HOW TO COMPLETE THIS TASK ->
Only lines containing the word "ended" belong in the answer; copy each one from the records.

Stored items

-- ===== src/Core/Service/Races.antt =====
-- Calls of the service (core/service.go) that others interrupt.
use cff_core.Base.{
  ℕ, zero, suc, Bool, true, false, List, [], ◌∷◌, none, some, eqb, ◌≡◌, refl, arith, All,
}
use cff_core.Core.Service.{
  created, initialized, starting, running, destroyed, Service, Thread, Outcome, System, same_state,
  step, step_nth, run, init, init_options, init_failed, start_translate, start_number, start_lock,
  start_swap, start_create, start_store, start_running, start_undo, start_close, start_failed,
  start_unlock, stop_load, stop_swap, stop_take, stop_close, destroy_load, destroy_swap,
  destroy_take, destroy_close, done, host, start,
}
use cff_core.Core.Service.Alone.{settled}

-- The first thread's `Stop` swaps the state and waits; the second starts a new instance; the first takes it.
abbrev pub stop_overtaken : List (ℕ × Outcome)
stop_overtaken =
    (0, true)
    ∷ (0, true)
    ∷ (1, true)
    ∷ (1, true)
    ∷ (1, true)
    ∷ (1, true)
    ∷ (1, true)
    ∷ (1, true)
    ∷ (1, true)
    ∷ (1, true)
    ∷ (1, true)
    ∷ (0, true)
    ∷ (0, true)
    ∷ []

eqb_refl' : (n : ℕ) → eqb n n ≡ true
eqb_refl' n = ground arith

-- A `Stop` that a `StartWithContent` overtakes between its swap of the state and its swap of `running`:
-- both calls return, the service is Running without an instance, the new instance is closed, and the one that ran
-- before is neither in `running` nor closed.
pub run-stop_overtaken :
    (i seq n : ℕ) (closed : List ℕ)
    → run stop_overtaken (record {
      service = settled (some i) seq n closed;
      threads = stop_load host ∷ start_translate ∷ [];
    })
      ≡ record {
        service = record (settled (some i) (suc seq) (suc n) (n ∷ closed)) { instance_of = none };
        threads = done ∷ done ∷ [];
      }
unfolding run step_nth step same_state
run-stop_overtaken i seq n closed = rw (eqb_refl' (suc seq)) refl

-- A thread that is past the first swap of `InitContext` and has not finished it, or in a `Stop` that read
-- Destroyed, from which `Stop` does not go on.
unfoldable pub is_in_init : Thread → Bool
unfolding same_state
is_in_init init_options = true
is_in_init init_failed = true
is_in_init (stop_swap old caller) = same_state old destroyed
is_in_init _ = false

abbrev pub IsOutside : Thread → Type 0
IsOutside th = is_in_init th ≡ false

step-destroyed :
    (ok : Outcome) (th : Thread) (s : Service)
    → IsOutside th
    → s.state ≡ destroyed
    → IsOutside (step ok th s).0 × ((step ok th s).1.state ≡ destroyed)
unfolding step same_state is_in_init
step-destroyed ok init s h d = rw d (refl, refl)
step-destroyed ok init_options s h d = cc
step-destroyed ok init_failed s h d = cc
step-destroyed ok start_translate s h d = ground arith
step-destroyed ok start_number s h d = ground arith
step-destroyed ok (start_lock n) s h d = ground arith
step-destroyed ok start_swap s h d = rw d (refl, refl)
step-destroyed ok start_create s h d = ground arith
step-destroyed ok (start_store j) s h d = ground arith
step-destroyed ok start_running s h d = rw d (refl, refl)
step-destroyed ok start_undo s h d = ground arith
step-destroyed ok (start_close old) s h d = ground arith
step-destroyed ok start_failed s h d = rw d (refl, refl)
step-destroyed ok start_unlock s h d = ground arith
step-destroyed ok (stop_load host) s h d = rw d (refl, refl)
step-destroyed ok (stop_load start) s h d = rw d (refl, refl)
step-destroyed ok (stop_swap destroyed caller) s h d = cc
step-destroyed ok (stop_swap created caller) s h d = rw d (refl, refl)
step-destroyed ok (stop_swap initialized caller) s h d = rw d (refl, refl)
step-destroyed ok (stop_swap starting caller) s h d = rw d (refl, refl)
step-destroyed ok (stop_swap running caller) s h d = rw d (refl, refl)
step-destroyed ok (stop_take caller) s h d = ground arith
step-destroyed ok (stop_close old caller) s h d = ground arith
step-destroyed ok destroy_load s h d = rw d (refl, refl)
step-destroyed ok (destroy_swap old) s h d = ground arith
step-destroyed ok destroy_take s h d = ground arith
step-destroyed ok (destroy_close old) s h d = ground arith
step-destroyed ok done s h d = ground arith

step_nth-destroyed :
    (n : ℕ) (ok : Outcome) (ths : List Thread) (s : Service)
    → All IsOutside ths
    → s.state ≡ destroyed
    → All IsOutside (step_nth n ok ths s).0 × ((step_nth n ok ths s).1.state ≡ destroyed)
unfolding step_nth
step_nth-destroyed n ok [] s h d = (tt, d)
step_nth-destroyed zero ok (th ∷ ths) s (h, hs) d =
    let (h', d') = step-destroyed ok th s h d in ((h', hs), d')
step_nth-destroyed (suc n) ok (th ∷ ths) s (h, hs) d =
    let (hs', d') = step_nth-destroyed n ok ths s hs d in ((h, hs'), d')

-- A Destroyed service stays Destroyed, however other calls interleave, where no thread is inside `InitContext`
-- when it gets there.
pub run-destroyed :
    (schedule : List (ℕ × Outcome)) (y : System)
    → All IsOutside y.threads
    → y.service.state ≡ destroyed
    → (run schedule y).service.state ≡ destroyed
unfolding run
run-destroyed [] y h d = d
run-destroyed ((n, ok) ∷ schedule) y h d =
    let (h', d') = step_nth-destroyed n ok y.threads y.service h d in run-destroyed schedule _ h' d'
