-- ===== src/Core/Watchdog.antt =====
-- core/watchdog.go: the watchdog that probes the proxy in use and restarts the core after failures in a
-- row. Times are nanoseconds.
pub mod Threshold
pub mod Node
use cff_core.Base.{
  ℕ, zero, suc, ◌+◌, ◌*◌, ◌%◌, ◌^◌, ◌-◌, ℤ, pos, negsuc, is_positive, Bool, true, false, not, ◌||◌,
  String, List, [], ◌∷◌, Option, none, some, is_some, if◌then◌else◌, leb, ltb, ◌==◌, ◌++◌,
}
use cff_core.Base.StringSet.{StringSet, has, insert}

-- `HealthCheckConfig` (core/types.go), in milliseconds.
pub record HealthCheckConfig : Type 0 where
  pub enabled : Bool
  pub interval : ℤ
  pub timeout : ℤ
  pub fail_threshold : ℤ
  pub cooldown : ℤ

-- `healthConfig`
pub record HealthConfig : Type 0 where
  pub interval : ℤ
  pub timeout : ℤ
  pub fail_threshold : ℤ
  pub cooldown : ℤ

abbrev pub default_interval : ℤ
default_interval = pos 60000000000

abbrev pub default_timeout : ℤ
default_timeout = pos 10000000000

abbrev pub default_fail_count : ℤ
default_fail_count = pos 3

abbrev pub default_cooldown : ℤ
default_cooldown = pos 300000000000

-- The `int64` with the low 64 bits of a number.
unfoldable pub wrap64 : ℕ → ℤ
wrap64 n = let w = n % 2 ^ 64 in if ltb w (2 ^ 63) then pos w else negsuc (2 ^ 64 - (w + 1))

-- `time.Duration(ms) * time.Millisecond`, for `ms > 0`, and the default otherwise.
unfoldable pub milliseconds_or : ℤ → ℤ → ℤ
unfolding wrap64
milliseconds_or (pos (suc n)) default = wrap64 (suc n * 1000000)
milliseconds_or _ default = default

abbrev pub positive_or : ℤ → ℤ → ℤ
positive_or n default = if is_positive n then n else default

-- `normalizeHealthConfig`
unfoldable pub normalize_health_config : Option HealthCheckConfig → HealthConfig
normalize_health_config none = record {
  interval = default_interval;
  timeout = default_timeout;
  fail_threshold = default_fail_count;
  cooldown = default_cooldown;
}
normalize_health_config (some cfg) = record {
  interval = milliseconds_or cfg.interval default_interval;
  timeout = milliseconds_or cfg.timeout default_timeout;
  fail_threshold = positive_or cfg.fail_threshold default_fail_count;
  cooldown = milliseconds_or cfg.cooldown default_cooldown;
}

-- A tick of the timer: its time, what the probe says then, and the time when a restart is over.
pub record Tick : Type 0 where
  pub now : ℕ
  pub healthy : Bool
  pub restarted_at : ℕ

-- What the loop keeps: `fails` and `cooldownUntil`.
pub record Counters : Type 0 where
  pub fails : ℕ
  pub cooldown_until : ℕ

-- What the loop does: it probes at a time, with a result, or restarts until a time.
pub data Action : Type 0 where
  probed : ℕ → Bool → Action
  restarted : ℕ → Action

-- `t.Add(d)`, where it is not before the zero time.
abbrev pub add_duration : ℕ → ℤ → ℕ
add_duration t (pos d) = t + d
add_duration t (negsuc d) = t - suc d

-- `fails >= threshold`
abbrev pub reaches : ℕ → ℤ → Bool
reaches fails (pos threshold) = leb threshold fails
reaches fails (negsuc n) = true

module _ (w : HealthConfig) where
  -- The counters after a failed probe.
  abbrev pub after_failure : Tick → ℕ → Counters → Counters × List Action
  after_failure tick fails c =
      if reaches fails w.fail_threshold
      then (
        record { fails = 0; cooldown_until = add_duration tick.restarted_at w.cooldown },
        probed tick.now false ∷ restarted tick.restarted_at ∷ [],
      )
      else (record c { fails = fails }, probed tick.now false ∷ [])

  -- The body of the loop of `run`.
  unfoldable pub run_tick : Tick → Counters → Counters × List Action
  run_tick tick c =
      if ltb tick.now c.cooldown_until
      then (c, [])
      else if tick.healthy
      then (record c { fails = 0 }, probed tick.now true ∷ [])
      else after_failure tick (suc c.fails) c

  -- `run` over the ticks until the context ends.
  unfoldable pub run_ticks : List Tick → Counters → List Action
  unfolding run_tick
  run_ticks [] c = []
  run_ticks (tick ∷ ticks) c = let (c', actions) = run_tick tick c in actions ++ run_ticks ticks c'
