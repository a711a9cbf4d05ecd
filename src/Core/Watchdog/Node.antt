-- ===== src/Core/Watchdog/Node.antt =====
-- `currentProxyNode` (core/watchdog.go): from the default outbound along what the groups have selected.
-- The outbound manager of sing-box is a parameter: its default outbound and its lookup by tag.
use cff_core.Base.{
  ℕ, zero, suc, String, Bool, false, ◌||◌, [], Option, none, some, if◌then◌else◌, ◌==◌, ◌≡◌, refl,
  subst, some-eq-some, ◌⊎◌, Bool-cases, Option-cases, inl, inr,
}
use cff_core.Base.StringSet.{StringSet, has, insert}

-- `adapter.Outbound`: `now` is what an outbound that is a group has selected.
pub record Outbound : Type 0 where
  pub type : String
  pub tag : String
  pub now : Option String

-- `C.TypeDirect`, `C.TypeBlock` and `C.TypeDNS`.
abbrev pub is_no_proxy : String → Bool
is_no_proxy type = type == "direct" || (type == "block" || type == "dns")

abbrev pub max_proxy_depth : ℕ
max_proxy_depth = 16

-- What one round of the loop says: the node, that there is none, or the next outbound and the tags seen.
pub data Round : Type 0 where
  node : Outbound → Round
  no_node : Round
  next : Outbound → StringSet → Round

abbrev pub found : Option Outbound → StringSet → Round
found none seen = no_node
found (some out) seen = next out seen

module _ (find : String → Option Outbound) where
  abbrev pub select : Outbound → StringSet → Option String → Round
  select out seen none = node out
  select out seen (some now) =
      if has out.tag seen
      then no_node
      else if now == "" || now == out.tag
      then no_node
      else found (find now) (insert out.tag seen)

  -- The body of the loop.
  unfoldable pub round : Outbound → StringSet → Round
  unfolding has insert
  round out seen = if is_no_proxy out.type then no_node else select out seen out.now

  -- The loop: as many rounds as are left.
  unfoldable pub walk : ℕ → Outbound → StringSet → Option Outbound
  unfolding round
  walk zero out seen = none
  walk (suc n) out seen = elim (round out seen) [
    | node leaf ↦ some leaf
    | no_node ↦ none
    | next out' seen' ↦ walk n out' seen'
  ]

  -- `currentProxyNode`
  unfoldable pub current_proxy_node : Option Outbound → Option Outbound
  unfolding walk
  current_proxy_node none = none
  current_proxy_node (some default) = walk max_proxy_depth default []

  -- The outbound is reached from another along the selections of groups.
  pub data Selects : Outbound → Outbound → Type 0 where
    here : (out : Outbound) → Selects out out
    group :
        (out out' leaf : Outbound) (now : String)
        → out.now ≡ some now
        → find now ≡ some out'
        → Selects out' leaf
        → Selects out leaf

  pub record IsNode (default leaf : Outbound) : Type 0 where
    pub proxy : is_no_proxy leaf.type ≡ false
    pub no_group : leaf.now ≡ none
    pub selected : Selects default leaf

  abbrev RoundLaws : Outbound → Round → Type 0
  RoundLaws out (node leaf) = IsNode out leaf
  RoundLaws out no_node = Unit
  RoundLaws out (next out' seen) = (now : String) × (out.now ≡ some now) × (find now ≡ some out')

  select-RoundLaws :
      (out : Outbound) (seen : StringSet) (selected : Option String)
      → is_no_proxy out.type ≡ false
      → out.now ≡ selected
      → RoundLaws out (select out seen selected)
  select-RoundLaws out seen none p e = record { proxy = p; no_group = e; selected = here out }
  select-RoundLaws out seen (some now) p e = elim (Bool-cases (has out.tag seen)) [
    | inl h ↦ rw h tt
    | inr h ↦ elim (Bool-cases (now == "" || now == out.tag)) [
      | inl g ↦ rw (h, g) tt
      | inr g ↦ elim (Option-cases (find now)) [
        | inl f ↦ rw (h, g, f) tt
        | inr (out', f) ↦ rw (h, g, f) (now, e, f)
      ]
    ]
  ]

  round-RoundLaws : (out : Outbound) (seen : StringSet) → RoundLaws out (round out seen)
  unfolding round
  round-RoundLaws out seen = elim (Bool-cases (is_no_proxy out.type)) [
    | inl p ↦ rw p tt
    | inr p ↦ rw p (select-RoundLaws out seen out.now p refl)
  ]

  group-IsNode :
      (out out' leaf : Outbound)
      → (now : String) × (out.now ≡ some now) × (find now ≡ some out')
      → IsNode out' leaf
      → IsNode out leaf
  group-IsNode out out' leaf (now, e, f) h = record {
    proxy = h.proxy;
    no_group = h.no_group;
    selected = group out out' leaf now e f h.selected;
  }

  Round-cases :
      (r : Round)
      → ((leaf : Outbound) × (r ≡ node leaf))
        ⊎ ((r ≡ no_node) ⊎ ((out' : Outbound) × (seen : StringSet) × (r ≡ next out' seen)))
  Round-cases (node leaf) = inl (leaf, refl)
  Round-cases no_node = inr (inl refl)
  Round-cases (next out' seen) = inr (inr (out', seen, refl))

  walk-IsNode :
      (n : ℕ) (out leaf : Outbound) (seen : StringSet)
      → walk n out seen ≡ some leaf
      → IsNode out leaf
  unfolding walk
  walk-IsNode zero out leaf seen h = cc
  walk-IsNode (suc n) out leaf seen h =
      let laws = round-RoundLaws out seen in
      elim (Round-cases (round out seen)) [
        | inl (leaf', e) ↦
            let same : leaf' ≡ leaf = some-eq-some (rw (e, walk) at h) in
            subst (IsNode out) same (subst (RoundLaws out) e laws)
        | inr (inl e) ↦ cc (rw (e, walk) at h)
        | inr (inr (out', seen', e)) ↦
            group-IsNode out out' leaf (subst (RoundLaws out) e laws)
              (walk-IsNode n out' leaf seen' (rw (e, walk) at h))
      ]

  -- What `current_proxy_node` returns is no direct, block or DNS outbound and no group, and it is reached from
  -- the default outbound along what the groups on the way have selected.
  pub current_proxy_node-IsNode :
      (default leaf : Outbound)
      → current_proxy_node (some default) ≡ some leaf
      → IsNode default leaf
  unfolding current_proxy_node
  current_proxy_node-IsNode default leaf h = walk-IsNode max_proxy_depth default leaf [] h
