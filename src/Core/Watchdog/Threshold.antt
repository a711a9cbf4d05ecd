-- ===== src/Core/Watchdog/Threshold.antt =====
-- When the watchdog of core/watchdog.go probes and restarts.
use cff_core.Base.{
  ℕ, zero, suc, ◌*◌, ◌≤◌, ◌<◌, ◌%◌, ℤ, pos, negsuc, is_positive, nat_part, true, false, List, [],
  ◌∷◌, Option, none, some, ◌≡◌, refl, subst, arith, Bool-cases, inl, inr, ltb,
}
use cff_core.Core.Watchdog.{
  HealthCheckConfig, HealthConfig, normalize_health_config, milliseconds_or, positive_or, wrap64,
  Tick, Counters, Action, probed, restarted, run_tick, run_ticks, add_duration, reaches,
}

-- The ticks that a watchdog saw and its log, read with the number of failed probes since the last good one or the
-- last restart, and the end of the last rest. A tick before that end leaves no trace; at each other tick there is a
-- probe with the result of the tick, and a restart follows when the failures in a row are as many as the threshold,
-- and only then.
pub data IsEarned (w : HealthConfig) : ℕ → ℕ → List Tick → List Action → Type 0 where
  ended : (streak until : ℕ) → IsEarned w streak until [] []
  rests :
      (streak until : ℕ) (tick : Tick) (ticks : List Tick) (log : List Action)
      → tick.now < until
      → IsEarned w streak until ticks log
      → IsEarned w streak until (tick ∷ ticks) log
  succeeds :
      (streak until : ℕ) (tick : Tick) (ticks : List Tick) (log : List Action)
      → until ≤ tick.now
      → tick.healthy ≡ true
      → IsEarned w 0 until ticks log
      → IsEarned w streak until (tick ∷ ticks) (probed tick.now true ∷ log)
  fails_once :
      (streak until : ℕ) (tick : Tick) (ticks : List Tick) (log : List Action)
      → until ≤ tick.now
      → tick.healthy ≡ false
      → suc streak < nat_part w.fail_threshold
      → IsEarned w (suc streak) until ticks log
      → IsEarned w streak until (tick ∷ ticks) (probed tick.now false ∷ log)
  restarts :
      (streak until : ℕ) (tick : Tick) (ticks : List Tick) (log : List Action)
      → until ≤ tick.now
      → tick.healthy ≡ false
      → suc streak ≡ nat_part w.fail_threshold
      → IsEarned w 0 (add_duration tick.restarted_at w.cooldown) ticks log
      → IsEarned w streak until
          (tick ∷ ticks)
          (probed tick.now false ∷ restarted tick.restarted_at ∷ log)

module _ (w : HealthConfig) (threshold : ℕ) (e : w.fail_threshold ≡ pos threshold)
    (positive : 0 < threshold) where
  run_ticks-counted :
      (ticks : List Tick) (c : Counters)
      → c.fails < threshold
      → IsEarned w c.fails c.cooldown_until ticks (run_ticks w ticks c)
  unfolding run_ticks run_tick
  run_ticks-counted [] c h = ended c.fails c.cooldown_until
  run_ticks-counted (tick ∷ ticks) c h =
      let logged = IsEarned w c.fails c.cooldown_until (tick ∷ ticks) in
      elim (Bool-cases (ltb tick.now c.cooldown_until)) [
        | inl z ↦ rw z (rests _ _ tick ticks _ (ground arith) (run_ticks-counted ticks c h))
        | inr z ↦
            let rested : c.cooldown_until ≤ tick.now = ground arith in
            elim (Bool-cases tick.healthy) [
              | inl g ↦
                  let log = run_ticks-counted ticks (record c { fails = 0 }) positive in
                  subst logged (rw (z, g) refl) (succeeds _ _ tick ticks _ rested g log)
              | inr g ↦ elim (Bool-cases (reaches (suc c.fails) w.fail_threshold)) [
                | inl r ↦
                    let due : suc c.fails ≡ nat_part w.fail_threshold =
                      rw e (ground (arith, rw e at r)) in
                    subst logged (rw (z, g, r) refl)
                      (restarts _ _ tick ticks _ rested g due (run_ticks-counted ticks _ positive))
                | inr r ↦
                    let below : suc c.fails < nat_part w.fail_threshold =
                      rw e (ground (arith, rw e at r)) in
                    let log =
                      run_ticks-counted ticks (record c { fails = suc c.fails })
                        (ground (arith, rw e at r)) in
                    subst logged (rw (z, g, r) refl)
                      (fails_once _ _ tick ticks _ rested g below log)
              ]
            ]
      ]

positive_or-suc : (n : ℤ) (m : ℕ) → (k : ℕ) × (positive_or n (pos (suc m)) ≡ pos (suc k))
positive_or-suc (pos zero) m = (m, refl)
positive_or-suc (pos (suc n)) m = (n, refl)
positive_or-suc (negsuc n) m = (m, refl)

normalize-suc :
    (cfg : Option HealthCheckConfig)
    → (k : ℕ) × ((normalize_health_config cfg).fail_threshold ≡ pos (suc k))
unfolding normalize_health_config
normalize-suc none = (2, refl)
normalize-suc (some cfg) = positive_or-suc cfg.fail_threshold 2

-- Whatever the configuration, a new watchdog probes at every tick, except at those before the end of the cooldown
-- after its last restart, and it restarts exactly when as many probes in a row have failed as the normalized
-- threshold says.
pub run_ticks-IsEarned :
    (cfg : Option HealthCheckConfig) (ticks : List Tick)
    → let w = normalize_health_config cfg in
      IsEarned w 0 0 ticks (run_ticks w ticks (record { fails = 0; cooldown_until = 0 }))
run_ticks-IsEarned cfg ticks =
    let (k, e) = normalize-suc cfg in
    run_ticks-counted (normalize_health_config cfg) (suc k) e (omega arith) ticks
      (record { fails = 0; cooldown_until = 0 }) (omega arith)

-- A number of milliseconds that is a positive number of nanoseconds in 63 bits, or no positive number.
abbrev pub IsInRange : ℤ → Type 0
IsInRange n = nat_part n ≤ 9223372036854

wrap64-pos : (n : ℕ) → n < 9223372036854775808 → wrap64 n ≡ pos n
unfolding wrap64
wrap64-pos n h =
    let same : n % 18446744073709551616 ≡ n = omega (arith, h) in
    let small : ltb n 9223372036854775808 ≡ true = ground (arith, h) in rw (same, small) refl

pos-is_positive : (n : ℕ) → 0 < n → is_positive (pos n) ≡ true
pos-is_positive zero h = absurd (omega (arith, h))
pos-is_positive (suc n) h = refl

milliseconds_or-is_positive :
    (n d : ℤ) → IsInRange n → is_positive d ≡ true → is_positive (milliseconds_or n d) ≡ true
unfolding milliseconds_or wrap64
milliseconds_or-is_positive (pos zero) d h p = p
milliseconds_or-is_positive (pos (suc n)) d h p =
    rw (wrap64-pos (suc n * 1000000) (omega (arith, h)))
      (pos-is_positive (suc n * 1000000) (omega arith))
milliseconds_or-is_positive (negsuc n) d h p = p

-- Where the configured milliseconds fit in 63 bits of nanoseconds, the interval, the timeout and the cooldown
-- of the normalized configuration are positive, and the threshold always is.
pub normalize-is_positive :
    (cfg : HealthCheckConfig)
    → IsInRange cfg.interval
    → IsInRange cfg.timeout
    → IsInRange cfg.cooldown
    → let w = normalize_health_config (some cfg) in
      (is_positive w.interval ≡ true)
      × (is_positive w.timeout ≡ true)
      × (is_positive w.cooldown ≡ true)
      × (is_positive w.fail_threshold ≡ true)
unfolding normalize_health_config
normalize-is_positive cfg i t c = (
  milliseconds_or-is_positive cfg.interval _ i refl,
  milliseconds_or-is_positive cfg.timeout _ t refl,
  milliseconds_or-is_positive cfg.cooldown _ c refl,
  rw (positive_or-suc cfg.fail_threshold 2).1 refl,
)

SOLVED PROBLEM ->
  ended : (streak until : ℕ) → IsEarned w streak until [] []
  run_ticks-counted [] c h = ended c.fails c.cooldown_until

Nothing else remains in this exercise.